1. Random Numbers Without Duplication (Excel worksheet macro):
Here is an Excel macro that will generate an ordered list of as many random numbers that you specify, drawn in the range you between the minimum and maximum values (inclusive) that you specify, and most importantly, free of any duplicate numbers . This is a useful -- often indispensable -- feature when you are drawing a sample from a finite population (e.g., a sample of employees to include in a survey, a sample of email addresses from a large list, etc.). To use the numbers generated by this tool, just arrange the members of the population in alphabetical or any other order, assign each member a consecutive integer number from the minimum (usually 1) to the maximum number in the population, and then select as your sample all of the members with a number corresponding to one in the list generated by this worksheet.
Download this Excel macro by clicking this link: Random Numbers without Duplication (Excel macro)

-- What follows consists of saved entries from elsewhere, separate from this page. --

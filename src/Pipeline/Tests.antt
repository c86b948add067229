-- ===== src/Pipeline/Tests.antt =====
-- Runs of the pipelines, and their theorems at concrete inputs.
use acquire_intel.Prelude.{
  ℕ, ◌≡◌, refl, ◌≢◌, ◌⊎◌, true, false, none, some, List, [], ◌∷◌, map, Text, codes, builtins, All,
  IsDigit, read, ℤ,
}
use acquire_intel.Storage.Decimal.{Decimal, decimal, lt_decimal}
use acquire_intel.Storage.Models.{Database}
use acquire_intel.Storage.Observations.{latest_amounts_for_source, append}
use acquire_intel.Storage.Runs.{baseline_count}
use acquire_intel.Storage.Products.{upsert}
use acquire_intel.Pipeline.Spiders.{Spider, volume_anomaly}
use acquire_intel.Pipeline.Price.{
  Unicode, text, int, returned, raised, unparseable_price, non_finite_price, parse_price,
}
use acquire_intel.Pipeline.Price.Laws.{amount_of, parse_price-whole}
use acquire_intel.Pipeline.Title.{normalize_title, split, join}
use acquire_intel.Pipeline.Normalize.{RawProduct, NormalizedItem, Capture, normalize}
use acquire_intel.Pipeline.Normalize.Laws.{IsCanonical, normalize-IsCanonical}
use acquire_intel.Pipeline.Items as Items
use acquire_intel.Pipeline.Items.Laws.{Accounted, process_all-Accounted}
use acquire_intel.Pipeline.Quality.{default_thresholds, check_volume}
use acquire_intel.Pipeline.Persistence as Persistence
use acquire_intel.Pipeline.Persistence.Laws.{Quarantined, Committed, Present, close_spider-atomic}
use acquire_intel.Pipeline.Run.{crawl}
use acquire_intel.Pipeline.Run.Laws.{Written, accepted, crawl-Written}

-- Unicode data that knows no character beyond ASCII.
abbrev ascii : Unicode
ascii = record { upper = λ c. c ∷ []; is_alpha = λ c. false; digit = λ c. none }

reads_point : parse_price ascii (text (codes " 1_2.50 ")) ≡ returned (decimal 1250 2)
unfolding parse_price builtins read lt_decimal
reads_point = refl

reads_exponent : parse_price ascii (text (codes "+1.5E3")) ≡ returned (decimal 1500 0)
unfolding parse_price builtins read lt_decimal
reads_exponent = refl

refuses_words : parse_price ascii (text (codes "-Infinity")) ≡ raised non_finite_price
unfolding parse_price builtins read lt_decimal
refuses_words = refl

refuses_rest : parse_price ascii (text (codes "12 EUR")) ≡ raised unparseable_price
unfolding parse_price builtins read lt_decimal
refuses_rest = refl

parse_price-whole_example :
    ((c : ℕ) (s : Text)
      → All IsDigit (c ∷ s)
      → parse_price ascii (text (c ∷ s)) ≡ returned (decimal (read 0 (c ∷ s)) 0))
    × ((z : ℤ) → parse_price ascii (int z) ≡ amount_of z)
parse_price-whole_example = parse_price-whole ascii

title_run : normalize_title (codes "  Red   shoe ") ≡ returned (codes "Red shoe")
unfolding normalize_title split join builtins
title_run = refl

abbrev shoe : RawProduct
shoe = record {
  external_id = codes "7";
  title = codes " Red  shoe";
  url = codes "https://shop.test/7";
  raw_price = text (codes "12.50");
  currency = some (codes " eur");
  in_stock = some true;
  brand = none;
  image_url = none;
}

abbrev at_noon : Capture
at_noon = record {
  source_id = codes "shop";
  run_id = codes "r1";
  captured_at = 12;
  default_currency = none;
}

abbrev shoe_item : NormalizedItem
shoe_item = record {
  product = record {
    id = codes "shop:7";
    source_id = codes "shop";
    external_id = codes "7";
    title = codes "Red shoe";
    url = codes "https://shop.test/7";
    brand = none;
    image_url = none;
    latest_price = some (record { amount = decimal 1250 2; currency = codes "EUR" });
    in_stock = some true;
    first_seen_at = 12;
    last_seen_at = 12;
  };
  observation = record {
    product_id = codes "shop:7";
    source_id = codes "shop";
    run_id = codes "r1";
    amount = decimal 1250 2;
    currency = codes "EUR";
    in_stock = some true;
    captured_at = 12;
  };
}

shoe_run : normalize ascii shoe at_noon ≡ returned shoe_item
unfolding normalize parse_price read normalize_title builtins lt_decimal
shoe_run = refl

normalize-IsCanonical_example : IsCanonical ascii shoe at_noon shoe_item
normalize-IsCanonical_example = normalize-IsCanonical ascii shoe at_noon shoe_item shoe_run

abbrev spider : Spider
spider = record {
  name = codes "shop";
  id = some (codes "shop");
  kind = some (codes "rest");
  run_id = some (codes "r1");
  default_currency = some (codes "EUR");
}

abbrev listing : List (ℕ × Items.Item)
listing = (12, Items.raw shoe) ∷ (13, Items.raw shoe) ∷ (14, Items.other) ∷ []

process_all-Accounted_example :
    Accounted ascii 3
      (Items.open_spider (codes "f") (some []) spider)
      (Items.process_all ascii listing (Items.open_spider (codes "f") (some []) spider)).0
      (Items.process_all ascii listing (Items.open_spider (codes "f") (some []) spider)).1
process_all-Accounted_example =
    process_all-Accounted ascii listing (Items.open_spider (codes "f") (some []) spider)

abbrev no_rows : Database
no_rows = record {
  sources = [];
  products = [];
  crawl_runs = [];
  price_observations = [];
  ban_events = [];
}

abbrev store : Persistence.PersistencePipeline
store = record {
  enabled = true;
  source_id = codes "shop";
  run_id = codes "r1";
  thresholds = default_thresholds;
  buffer = shoe_item ∷ [];
  persisted = 0;
  baseline = none;
  stats = some [];
}

close_spider-atomic_example :
    Quarantined store no_rows
      (Persistence.close_spider store no_rows).0
      (Persistence.close_spider store no_rows).1
    ⊎ ((check_volume 1 none default_thresholds ≢ some volume_anomaly)
        × Committed
            (shoe_item ∷ [])
            store
            no_rows
            (Persistence.close_spider store no_rows).0
            (Persistence.close_spider store no_rows).1)
close_spider-atomic_example = close_spider-atomic store no_rows refl

one_row :
    (crawl ascii (codes "f") default_thresholds spider listing no_rows).price_observations
    ≡ shoe_item.observation ∷ []
unfolding crawl normalize parse_price read normalize_title builtins lt_decimal
    latest_amounts_for_source check_volume baseline_count append upsert
one_row = refl

crawl-Written_example :
    (crawl ascii (codes "f") default_thresholds spider listing no_rows ≡ no_rows)
    ⊎ (((crawl ascii (codes "f") default_thresholds spider listing no_rows).price_observations
          ≡ map
              (λ item. item.observation)
              (accepted ascii (codes "f") default_thresholds spider listing no_rows))
        × All
            (Present (crawl ascii (codes "f") default_thresholds spider listing no_rows))
            (accepted ascii (codes "f") default_thresholds spider listing no_rows)
        × All
            (Written (codes "r1") default_thresholds)
            (accepted ascii (codes "f") default_thresholds spider listing no_rows))
crawl-Written_example =
    crawl-Written ascii (codes "f") default_thresholds spider listing no_rows refl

2. Tetrachoric Correlation Calculator (Excel worksheet macro):
I developed this Excel macro to bring tetrachoric correlation within easy reach of more statisticians and applied statistics users. Very few mainstream statistical software systems offer it as a standard analysis option, the exceptions being Minitab, Stata, and SAS (there is also an SPSS macro for it which I wrote in 1997). However, many who have a need to compute this statistic don't have access to these systems (the costs of all except Stata exceed $1,000), or don't have the time or patience to learn how to set up their data and how to run the required procedure.

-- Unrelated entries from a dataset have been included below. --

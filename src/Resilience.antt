-- ===== src/Resilience.antt =====
-- The anti-bot layer (src/acquire_intel/resilience/).
pub mod Backoff
pub mod Circuit
pub mod Classifier
pub mod Identity
pub mod Middleware
pub mod Proxy
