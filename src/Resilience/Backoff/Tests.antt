-- ===== src/Resilience/Backoff/Tests.antt =====
-- Delays of a generator that always draws the cap.
use acquire_intel.Prelude.{ℕ, ◌≤◌, ◌<◌, ◌≡◌, refl, none, some, arith, pos, negsuc}
use acquire_intel.Resilience.Backoff.{BackoffPolicy, Random, compute_delay}
use acquire_intel.Resilience.Backoff.Laws.{Honours, Exponential, compute_delay_bounds}

abbrev highest : Random
highest = record { Rng = Unit {0}; uniform = λ r cap. (cap, r); uniform_le = λ r cap. omega arith }

abbrev policy : BackoffPolicy
policy = record { base_delay = 500; max_delay = 30000; max_retries = 3 }

second_retry : compute_delay highest (pos 2) policy none tt ≡ some (2000, tt)
unfolding compute_delay
second_retry = refl

negative_attempt : compute_delay highest (negsuc 0) policy none tt ≡ none
unfolding compute_delay
negative_attempt = refl

compute_delay_bounds_example :
    (1 < 1024
      → (delay : ℕ) × (rng' : Unit {0}) × (compute_delay highest (pos 1) policy (some 7000) tt
          ≡ some (delay, rng'))
        × (delay ≤ 30000)
        × Honours 30000 (some 7000) delay
        × Exponential 500 1 (some 7000) delay)
    × (1024 ≤ 1 → compute_delay highest (pos 1) policy (some 7000) tt ≡ none)
compute_delay_bounds_example = compute_delay_bounds highest 1 policy (some 7000) tt
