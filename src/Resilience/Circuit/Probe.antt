-- ===== src/Resilience/Circuit/Probe.antt =====
-- The recovery of an open breaker: the probes after its cool-down, and what their outcome decides.
use acquire_intel.Prelude.{
  ℕ, ◌+◌, ◌≤◌, ◌<◌, ◌≡◌, ◌≢◌, refl, true, false, some, List, [], ◌∷◌, ◌++◌, arith, All, map,
}
use acquire_intel.Resilience.Circuit.{
  opened, half_open, CircuitBreaker, allow, record_success, record_failure, trip,
}
use acquire_intel.Resilience.Circuit.Laws.{and_asks, asks, allow_late, refuses_until_cooldown}

allow_passing : (now : ℕ) (b : CircuitBreaker) → b.state ≢ opened → allow now b ≡ some (true, b)
unfolding allow
allow_passing now b o = ground arith

asks_passing :
    (nows : List ℕ) (b : CircuitBreaker)
    → b.state ≢ opened
    → asks nows b ≡ some (map (λ _. true) nows, b)
unfolding asks
asks_passing [] b o = refl
asks_passing (now ∷ nows) b o = rw (allow_passing now b o, asks_passing nows b o, and_asks)

success_closed : (b : CircuitBreaker) → (record_success b).state ≢ opened
unfolding record_success
success_closed b e = cc

-- The probe of a half-open breaker that is blocked opens it again, from that moment.
failure_reopens :
    (now : ℕ) (b : CircuitBreaker)
    → b.state ≡ half_open
    → ((record_failure now b).state ≡ opened)
      × ((record_failure now b).opened_at ≡ some now)
      × ((record_failure now b).cooldown_seconds ≡ b.cooldown_seconds)
unfolding record_failure trip
failure_reopens now b h = ground arith

-- The breaker in its half-open state.
abbrev pub probing : CircuitBreaker → CircuitBreaker
probing b = record b { state = half_open }

-- An open breaker whose cool-down is over lets the next request by, and every further one, until an
-- outcome is recorded. After a success all requests pass. After a block at `now` none passes before
-- another whole cool-down is over, and the first one from then on does.
pub probe_decides :
    (b : CircuitBreaker) (t late : ℕ) (more : List ℕ)
    → b.state ≡ opened
    → b.opened_at ≡ some t
    → t + b.cooldown_seconds ≤ late
    → (asks (late ∷ more) b ≡ some (map (λ _. true) (late ∷ more), probing b))
      × ((nows : List ℕ)
          → asks nows (record_success (probing b))
            ≡ some (map (λ _. true) nows, record_success (probing b)))
      × ((now next : ℕ) (nows : List ℕ)
          → All (λ n. n < now + b.cooldown_seconds) nows
          → now + b.cooldown_seconds ≤ next
          → asks (nows ++ next ∷ []) (record_failure now (probing b))
            ≡ some (map (λ _. false) nows ++ true ∷ [], probing (record_failure now (probing b))))
unfolding asks
probe_decides b t late more o d l = (
  rw (allow_late late t b o d l, asks_passing more (probing b) (λ e. cc), and_asks),
  (λ nows. asks_passing nows (record_success (probing b)) (success_closed (probing b))),
  λ now next nows early after.
      let (state, at, same) = failure_reopens now (probing b) refl in
      refuses_until_cooldown nows next now (record_failure now (probing b)) state at (rw same early)
        (rw same after),
)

This Excel worksheet calculator allows you to either directly enter the four cell totals for which the statistic is to be computed, or your raw data. If your raw data has not yet been dichotomized (i.e., into values of 1 or 2), it offers capability to enter the data for your two variables, set the low/high (or yes/no, true/false, etc.) cutpoints for each, and produce the dichotomized versions of the variables with the click of a button. Another button click sends the dichotomized data to the calculator page, where a final click of a button produces the tetrachoric correlation and the p-value of its difference from zero. The algorithm used is a port to VBA from Brown's AS 116 algorithm (Brown, MB. (1977) Algorithm AS 116: the tetrachoric correlation and its standard error. Applied Statistics, 26 , 343-351), which has long been recognized as producing the exact value.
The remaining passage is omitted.